DATA RECORDS below:

-- ===== src/Portfolio/Collector/Failure.antt =====
-- background/portfolio-collector.ts: what a failed read means, and what is shown of it. A failure is
-- a GatewayPayloadError with its safe context, a GatewayClientError, or another Error.
use Prim.Native.String.{String}
use csboard_extension.Prelude.{
  Bool, true, false, not, ◌&&◌, ◌||◌, Option, none, some, [], ◌∷◌, ◌++◌, ℕ, zero, suc,
  if◌then◌else◌,
}
use csboard_extension.Prelude.Int.{ℤ, pos, is_safe_integer, leb_ℤ, eqb_ℤ}
use csboard_extension.Prelude.Text.{Text, codes, ◌===◌, starts_with}
use csboard_extension.Shared.Result.{Result, ok, err}
use csboard_extension.Gateway.Error.{
  ErrorCode, invalid_payload, forbidden_secret, payload_too_large, invalid_key,
  gateway_unconfigured, GatewayPayloadError,
}

pub record SafeContext : Type 0 where
  pub reason : Option Text
  pub status : Option ℤ
  pub path : Option Text

pub data ClientErrorCode : Type 0 where
  unconfigured discovery_rejected network_error device_revoked gateway_rejected : ClientErrorCode

pub data Failure : Type 0 where
  payload_failure : ErrorCode → SafeContext → Failure
  client_failure : ClientErrorCode → Failure
  plain_failure : (name message : Text) → Failure

abbrev pub payload_code_text : ErrorCode → Text
payload_code_text invalid_payload = codes "INVALID_PAYLOAD"
payload_code_text forbidden_secret = codes "FORBIDDEN_SECRET"
payload_code_text payload_too_large = codes "PAYLOAD_TOO_LARGE"
payload_code_text invalid_key = codes "INVALID_KEY"
payload_code_text gateway_unconfigured = codes "GATEWAY_UNCONFIGURED"

abbrev pub client_code_text : ClientErrorCode → Text
client_code_text unconfigured = codes "UNCONFIGURED"
client_code_text discovery_rejected = codes "DISCOVERY_REJECTED"
client_code_text network_error = codes "NETWORK_ERROR"
client_code_text device_revoked = codes "DEVICE_REVOKED"
client_code_text gateway_rejected = codes "GATEWAY_REJECTED"

-- `error.message`
unfoldable pub message : Failure → Text
message (payload_failure code context) = payload_code_text code
message (client_failure code) = client_code_text code
message (plain_failure name m) = m

abbrev pub has_reason : Text → Option Text → Bool
has_reason reason none = false
has_reason reason (some r) = r === reason

unfoldable pub steam_failure_status : Failure → Option ℤ
steam_failure_status (payload_failure code context) = elim (context.status) [
  | none ↦ none
  | some status ↦ elim (is_safe_integer status) [ true ↦ some status | false ↦ none ]
]
steam_failure_status (client_failure code) = none
steam_failure_status (plain_failure name m) = none

abbrev pub is_status : ℤ → Option ℤ → Bool
is_status n none = false
is_status n (some status) = eqb_ℤ status n

abbrev pub is_payload_session_failure : Failure → Bool
is_payload_session_failure (payload_failure code context) =
    has_reason (codes "steam-session-unavailable") context.reason
    || ((is_status (pos 401) (steam_failure_status (payload_failure code context))
          || is_status (pos 403) (steam_failure_status (payload_failure code context)))
        && has_reason (codes "steam-read-failed") context.reason)
is_payload_session_failure (client_failure code) = false
is_payload_session_failure (plain_failure name m) = false

unfoldable pub is_steam_session_failure : Failure → Bool
is_steam_session_failure error =
    message error === codes "STEAM_SESSION_REQUIRED" || is_payload_session_failure error

pub data SourceFailureCode : Type 0 where
  steam_session_required steam_account_mismatch steam_rate_limited : SourceFailureCode
  steam_unavailable steam_response_invalid steam_read_failed : SourceFailureCode

abbrev pub is_account_mismatch : Failure → Bool
is_account_mismatch (payload_failure code context) =
    has_reason (codes "steam-account-mismatch") context.reason
is_account_mismatch (client_failure code) = false
is_account_mismatch (plain_failure name m) = false

abbrev pub is_invalid_response : Failure → Bool
is_invalid_response (payload_failure invalid_payload context) =
    not (has_reason (codes "steam-read-failed") context.reason)
is_invalid_response _ = false

abbrev pub is_server_status : Option ℤ → Bool
is_server_status none = false
is_server_status (some status) = leb_ℤ (pos 500) status

unfoldable pub portfolio_source_failure_code : Failure → SourceFailureCode
portfolio_source_failure_code error =
    if message error === codes "STEAM_SESSION_REQUIRED" || is_steam_session_failure error
    then steam_session_required
    else if message error === codes "STEAM_ACCOUNT_MISMATCH" || is_account_mismatch error
    then steam_account_mismatch
    else if is_status (pos 429) (steam_failure_status error)
    then steam_rate_limited
    else if is_server_status (steam_failure_status error)
    then steam_unavailable
    else if is_invalid_response error
    then steam_response_invalid
    else steam_read_failed

abbrev pub detail_of : Option Text → Text
detail_of none = []
detail_of (some reason) = b':' ∷ reason

abbrev pub cut : ℕ → Text → Text
cut zero s = []
cut (suc n) [] = []
cut (suc n) (c ∷ s) = c ∷ cut n s

-- The last resort, from the class and the message of an error.
abbrev pub internal_error : Text → Text → Text
internal_error [] [] = codes "internal-error"
internal_error (c ∷ name) [] = codes "internal-error:" ++ cut 40 (c ∷ name)
internal_error name (c ∷ m) = codes "internal-error:" ++ cut 60 (c ∷ m)

abbrev pub with_detail : Option Text → Option Text → Text
with_detail (some []) path = codes "invalid-payload"
with_detail (some (c ∷ reason)) path = codes "invalid-payload:" ++ c ∷ reason
with_detail none none = codes "invalid-payload"
with_detail none (some []) = codes "invalid-payload"
with_detail none (some (c ∷ path)) = codes "invalid-payload:" ++ c ∷ path

abbrev pub is_steam_reason : Option Text → Bool
is_steam_reason none = false
is_steam_reason (some reason) = starts_with (codes "steam-") reason

abbrev pub redact_reason : SafeContext → Text → Text
redact_reason context other =
    if has_reason (codes "steam-session-unavailable") context.reason
    then codes "steam-session-required"
    else if is_steam_reason context.reason
    then codes "steam-read-failed"
    else other

unfoldable pub redact_portfolio_failure : Failure → Text
redact_portfolio_failure (payload_failure forbidden_secret context) =
    codes "unsafe-payload-rejected"
redact_portfolio_failure (payload_failure payload_too_large context) =
    codes "payload-too-large" ++ detail_of context.reason
redact_portfolio_failure (payload_failure gateway_unconfigured context) =
    codes "gateway-unconfigured"
redact_portfolio_failure (payload_failure invalid_payload context) =
    redact_reason context (with_detail context.reason context.path)
redact_portfolio_failure (payload_failure invalid_key context) =
    redact_reason context (internal_error (codes "GatewayPayloadError") (codes "INVALID_KEY"))
redact_portfolio_failure (client_failure network_error) = codes "gateway-unavailable"
redact_portfolio_failure (client_failure device_revoked) = codes "device-revoked"
redact_portfolio_failure (client_failure unconfigured) = codes "gateway-unconfigured"
redact_portfolio_failure (client_failure discovery_rejected) = codes "gateway-unconfigured"
redact_portfolio_failure (client_failure gateway_rejected) =
    internal_error (codes "GatewayClientError") (codes "GATEWAY_REJECTED")
redact_portfolio_failure (plain_failure name m) = internal_error name m

-- A field that is rejected by its path.
abbrev pub invalid_path : String → Failure
invalid_path path =
    payload_failure invalid_payload
      (record { reason = none; status = none; path = some (codes path) })

-- A check that throws. The model of the checks keeps the reason of an error, not the path.
abbrev pub thrown_reason : GatewayPayloadError → Option Text
thrown_reason error = elim (error.reason) [ none ↦ none | some reason ↦ some (codes reason) ]

abbrev pub to_failure : GatewayPayloadError → Failure
to_failure error =
    payload_failure error.code (record { reason = thrown_reason error; status = none; path = none })

abbrev pub checked_result {ℓ} : {T : Type ℓ} → Result T GatewayPayloadError → Result T Failure
checked_result (ok value) = ok value
checked_result (err error) = err (to_failure error)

End of DATA RECORDS.

EXERCISE DESCRIPTION:
Which lines in the entries above contain "SourceFailureCode"? Pull each of them out.

RESULT OF THIS EXERCISE:
pub data SourceFailureCode : Type 0 where
  steam_session_required steam_account_mismatch steam_rate_limited : SourceFailureCode
  steam_unavailable steam_response_invalid steam_read_failed : SourceFailureCode
unfoldable pub portfolio_source_failure_code : Failure → SourceFailureCode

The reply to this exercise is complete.